** What is expected **
Each line must appear in the answer exactly as it does in the data.
┄┄┄┄┄┄┄┄┄┄┄┄┄┄┄┄┄┄┄┄
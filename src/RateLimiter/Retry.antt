-- ===== src/RateLimiter/Retry.antt =====
-- hermes_agent_a2a/rate_limiter.py: waiting as long as a refusal asks is enough.
use native.Mathlib.Nat.{div-add-mod', mod-lt, mul-le-mul_right}
use hermes_agent_a2a.Prelude.{
  ℕ, ◌+◌, ◌-◌, ◌*◌, ◌/◌, ◌≤◌, ◌<◌, String, ◌≡◌, ◌∙◌, ap, sym, Bool, true, false, some, arith,
  eq_refl, if◌then◌else◌, inl, inr,
}
use hermes_agent_a2a.Dict.{Dict, get, put}
use hermes_agent_a2a.Dict.Laws.{get-put}
use hermes_agent_a2a.Int.{pos, neg_part, min_ℤ, leb_ℤ, +ℤ_parts}
use hermes_agent_a2a.RateLimiter.{
  RateLimitConfig, Bucket, RateLimiter, nanoseconds, token, max_tokens, refill_rate, retry_after,
  refill, spend, allow,
}
use hermes_agent_a2a.RateLimiter.Tokens.{
  draw, level, draw-cases, draw_time, draw_nonneg, times_elapsed, inflow,
}
use hermes_agent_a2a.RateLimiter.Calls.{
  IsActive, allow_active, make_room_known, spend_known, spend_counts, rebuilt,
}

-- The whole seconds that a refusal asks for bring in at least one token.
wait_pays : (window per den : ℕ) → 0 < per → window * den ≤ (window / per + 1) * (per * den)
wait_pays window per den h =
    let m : window ≤ (window / per + 1) * per =
      omega (arith, div-add-mod' window per, mod-lt window h) in
    omega (arith, mul-le-mul_right den m)

inflow_pays :
    (c : RateLimitConfig) (now t : ℕ)
    → IsActive c
    → now + nanoseconds (retry_after c) ≤ t
    → 1 * token c ≤ (t - now) * refill_rate c
inflow_pays c now t a late =
    let w = wait_pays c.window_seconds c.requests_per_window c.burst_denominator a.per_window in
    let e : nanoseconds (retry_after c) ≤ t - now = omega (arith, late) in
    omega (arith, mul-le-mul_right (refill_rate c) e, w)

full_enough :
    (c : RateLimitConfig) (t : ℕ) (b : Bucket)
    → IsActive c
    → neg_part b.tokens ≡ 0
    → b.last_refill + nanoseconds (retry_after c) ≤ t
    → 1 * token c ≤ max_tokens c
    → leb_ℤ (pos (1 * token c)) (level c 1 t b) ≡ true
unfolding refill min_ℤ
full_enough c t b a funded late afford =
    let before : b.last_refill ≤ t = omega (arith, late) in
    let (p, n) = times_elapsed t b.last_refill (refill_rate c) before in
    let pays = inflow_pays c b.last_refill t a late in
    ground (arith, funded, p, n, pays, +ℤ_parts b.tokens (inflow c 1 t b))

-- The bucket that a refusal leaves lets the later call through.
drawn_later :
    (c : RateLimitConfig) (now t : ℕ) (b : Bucket)
    → IsActive c
    → neg_part b.tokens ≡ 0
    → b.last_refill ≤ now
    → 1 * token c ≤ max_tokens c
    → (draw c 1 now b).1 ≡ false
    → now + nanoseconds (retry_after c) ≤ t
    → (draw c 1 t (draw c 1 now b).0).1 ≡ true
drawn_later c now t b a funded before afford refused late =
    let b' : Bucket = (draw c 1 now b).0 in
    let late' : b'.last_refill + nanoseconds (retry_after c) ≤ t =
      omega (arith, draw_time c 1 now b, late) in
    let full = full_enough c t b' a (draw_nonneg c 1 now b before funded) late' afford in
    elim (draw-cases c 1 t b') [
      | inl (_, e) ↦ ap (λ (x : Bucket × Bool). x.1) e
      | inr (short, _) ↦ cc (short, full)
    ]

get-put_same : (k : String) (b : Bucket) (d : Dict Bucket) → get k (put k b d) ≡ some b
get-put_same k b d = ground (arith, get-put k k b d, eq_refl k)

-- A refused call names a number of seconds; if the next call is one of the same client at least that
-- much later, it is let through. The limiter is on, a whole token is at most the capacity, the client
-- has a bucket, which is not overdrawn, and the clock does not run backwards.
pub retry_enough :
    (c : RateLimitConfig) (now t : ℕ) (client : String) (l l' : RateLimiter) (b : Bucket) (wait : ℕ)
    → IsActive c
    → 1 * token c ≤ max_tokens c
    → get client l.buckets ≡ some b
    → neg_part b.tokens ≡ 0
    → b.last_refill ≤ now
    → allow c now client 1 l ≡ some (l', false, wait)
    → now + nanoseconds wait ≤ t
    → (after : RateLimiter) × (allow c t client 1 l' ≡ some (after, true, 0))
retry_enough c now t client l l' b wait a afford there funded before refused late =
    let first : allow c now client 1 l ≡ some (spend c now client 1 l l.buckets) =
      allow_active c now client 1 l a
      ∙ ap (λ (d : Dict Bucket). some (spend c now client 1 l d))
          (make_room_known c client l.buckets b there) in
    let (written, answer) = spend_known c now client 1 l l.buckets b there in
    let same : spend c now client 1 l l.buckets ≡ (l', false, wait) = cc (first, refused) in
    let (_, _, waits) = spend_counts c now client 1 l l.buckets in
    let no_pass : (draw c 1 now b).1 ≡ false =
      sym answer ∙ ap (λ (x : RateLimiter × Bool × ℕ). x.1) same in
    let b' : Bucket = (draw c 1 now b).0 in
    let there' : get client l'.buckets ≡ some b' =
      ap (get client) (sym (ap (λ (x : RateLimiter × Bool × ℕ). x.0.buckets) same) ∙ written)
      ∙ get-put_same client b' l.buckets in
    let wait_is : wait ≡ retry_after c =
      sym (ap (λ (x : RateLimiter × Bool × ℕ). x.2) same)
      ∙ waits
      ∙ ap (λ (x : RateLimiter × Bool × ℕ). if x.1 then 0 else retry_after c) same in
    let second : allow c t client 1 l' ≡ some (spend c t client 1 l' l'.buckets) =
      allow_active c t client 1 l' a
      ∙ ap (λ (d : Dict Bucket). some (spend c t client 1 l' d))
          (make_room_known c client l'.buckets b' there') in
    let passes : (spend c t client 1 l' l'.buckets).1 ≡ true =
      (spend_known c t client 1 l' l'.buckets b' there').1
      ∙ drawn_later c now t b a funded before afford no_pass (rw wait_is at late) in
    let (_, _, waits') = spend_counts c t client 1 l' l'.buckets in
    (
      (spend c t client 1 l' l'.buckets).0,
      second
          ∙ rebuilt (spend c t client 1 l' l'.buckets) passes
              (waits' ∙ ap (λ (ok : Bool). if ok then 0 else retry_after c) passes),
    )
┄┄┄┄┄┄┄┄┄┄┄┄┄┄┄┄┄┄┄┄
** Written solution **
filename src/RateLimiter/Retry.antt
-- ===== src/RateLimiter/Retry.antt =====
-- hermes_agent_a2a/rate_limiter.py: waiting as long as a refusal asks is enough.
use native.Mathlib.Nat.{div-add-mod', mod-lt, mul-le-mul_right}
use hermes_agent_a2a.Prelude.{
  ℕ, ◌+◌, ◌-◌, ◌*◌, ◌/◌, ◌≤◌, ◌<◌, String, ◌≡◌, ◌∙◌, ap, sym, Bool, true, false, some, arith,
  eq_refl, if◌then◌else◌, inl, inr,
}
use hermes_agent_a2a.Dict.{Dict, get, put}
use hermes_agent_a2a.Dict.Laws.{get-put}
use hermes_agent_a2a.Int.{pos, neg_part, min_ℤ, leb_ℤ, +ℤ_parts}
use hermes_agent_a2a.RateLimiter.{
  RateLimitConfig, Bucket, RateLimiter, nanoseconds, token, max_tokens, refill_rate, retry_after,
  refill, spend, allow,
}
use hermes_agent_a2a.RateLimiter.Tokens.{
  draw, level, draw-cases, draw_time, draw_nonneg, times_elapsed, inflow,
}
use hermes_agent_a2a.RateLimiter.Calls.{
  IsActive, allow_active, make_room_known, spend_known, spend_counts, rebuilt,
}

-- The whole seconds that a refusal asks for bring in at least one token.
wait_pays : (window per den : ℕ) → 0 < per → window * den ≤ (window / per + 1) * (per * den)
wait_pays window per den h =
    let m : window ≤ (window / per + 1) * per =
      omega (arith, div-add-mod' window per, mod-lt window h) in
    omega (arith, mul-le-mul_right den m)

inflow_pays :
    (c : RateLimitConfig) (now t : ℕ)
    → IsActive c
    → now + nanoseconds (retry_after c) ≤ t
    → 1 * token c ≤ (t - now) * refill_rate c
inflow_pays c now t a late =
    let w = wait_pays c.window_seconds c.requests_per_window c.burst_denominator a.per_window in
    let e : nanoseconds (retry_after c) ≤ t - now = omega (arith, late) in
    omega (arith, mul-le-mul_right (refill_rate c) e, w)

full_enough :
    (c : RateLimitConfig) (t : ℕ) (b : Bucket)
    → IsActive c
    → neg_part b.tokens ≡ 0
    → b.last_refill + nanoseconds (retry_after c) ≤ t
    → 1 * token c ≤ max_tokens c
    → leb_ℤ (pos (1 * token c)) (level c 1 t b) ≡ true
unfolding refill min_ℤ
full_enough c t b a funded late afford =
    let before : b.last_refill ≤ t = omega (arith, late) in
    let (p, n) = times_elapsed t b.last_refill (refill_rate c) before in
    let pays = inflow_pays c b.last_refill t a late in
    ground (arith, funded, p, n, pays, +ℤ_parts b.tokens (inflow c 1 t b))

-- The bucket that a refusal leaves lets the later call through.
drawn_later :
    (c : RateLimitConfig) (now t : ℕ) (b : Bucket)
    → IsActive c
    → neg_part b.tokens ≡ 0
    → b.last_refill ≤ now
    → 1 * token c ≤ max_tokens c
    → (draw c 1 now b).1 ≡ false
    → now + nanoseconds (retry_after c) ≤ t
    → (draw c 1 t (draw c 1 now b).0).1 ≡ true
drawn_later c now t b a funded before afford refused late =
    let b' : Bucket = (draw c 1 now b).0 in
    let late' : b'.last_refill + nanoseconds (retry_after c) ≤ t =
      omega (arith, draw_time c 1 now b, late) in
    let full = full_enough c t b' a (draw_nonneg c 1 now b before funded) late' afford in
    elim (draw-cases c 1 t b') [
      | inl (_, e) ↦ ap (λ (x : Bucket × Bool). x.1) e
      | inr (short, _) ↦ cc (short, full)
    ]

get-put_same : (k : String) (b : Bucket) (d : Dict Bucket) → get k (put k b d) ≡ some b
get-put_same k b d = ground (arith, get-put k k b d, eq_refl k)

-- A refused call names a number of seconds; if the next call is one of the same client at least that
-- much later, it is let through. The limiter is on, a whole token is at most the capacity, the client
-- has a bucket, which is not overdrawn, and the clock does not run backwards.
pub retry_enough :
    (c : RateLimitConfig) (now t : ℕ) (client : String) (l l' : RateLimiter) (b : Bucket) (wait : ℕ)
    → IsActive c
    → 1 * token c ≤ max_tokens c
    → get client l.buckets ≡ some b
    → neg_part b.tokens ≡ 0
    → b.last_refill ≤ now
    → allow c now client 1 l ≡ some (l', false, wait)
    → now + nanoseconds wait ≤ t
    → (after : RateLimiter) × (allow c t client 1 l' ≡ some (after, true, 0))
retry_enough c now t client l l' b wait a afford there funded before refused late =
    let first : allow c now client 1 l ≡ some (spend c now client 1 l l.buckets) =
      allow_active c now client 1 l a
      ∙ ap (λ (d : Dict Bucket). some (spend c now client 1 l d))
          (make_room_known c client l.buckets b there) in
    let (written, answer) = spend_known c now client 1 l l.buckets b there in
    let same : spend c now client 1 l l.buckets ≡ (l', false, wait) = cc (first, refused) in
    let (_, _, waits) = spend_counts c now client 1 l l.buckets in
    let no_pass : (draw c 1 now b).1 ≡ false =
      sym answer ∙ ap (λ (x : RateLimiter × Bool × ℕ). x.1) same in
    let b' : Bucket = (draw c 1 now b).0 in
    let there' : get client l'.buckets ≡ some b' =
      ap (get client) (sym (ap (λ (x : RateLimiter × Bool × ℕ). x.0.buckets) same) ∙ written)
      ∙ get-put_same client b' l.buckets in
    let wait_is : wait ≡ retry_after c =
      sym (ap (λ (x : RateLimiter × Bool × ℕ). x.2) same)
      ∙ waits
      ∙ ap (λ (x : RateLimiter × Bool × ℕ). if x.1 then 0 else retry_after c) same in
    let second : allow c t client 1 l' ≡ some (spend c t client 1 l' l'.buckets) =
      allow_active c t client 1 l' a
      ∙ ap (λ (d : Dict Bucket). some (spend c t client 1 l' d))
          (make_room_known c client l'.buckets b' there') in
    let passes : (spend c t client 1 l' l'.buckets).1 ≡ true =
      (spend_known c t client 1 l' l'.buckets b' there').1
      ∙ drawn_later c now t b a funded before afford no_pass (rw wait_is at late) in
    let (_, _, waits') = spend_counts c t client 1 l' l'.buckets in
    (
      (spend c t client 1 l' l'.buckets).0,
      second
          ∙ rebuilt (spend c t client 1 l' l'.buckets) passes
              (waits' ∙ ap (λ (ok : Bool). if ok then 0 else retry_after c) passes),
    )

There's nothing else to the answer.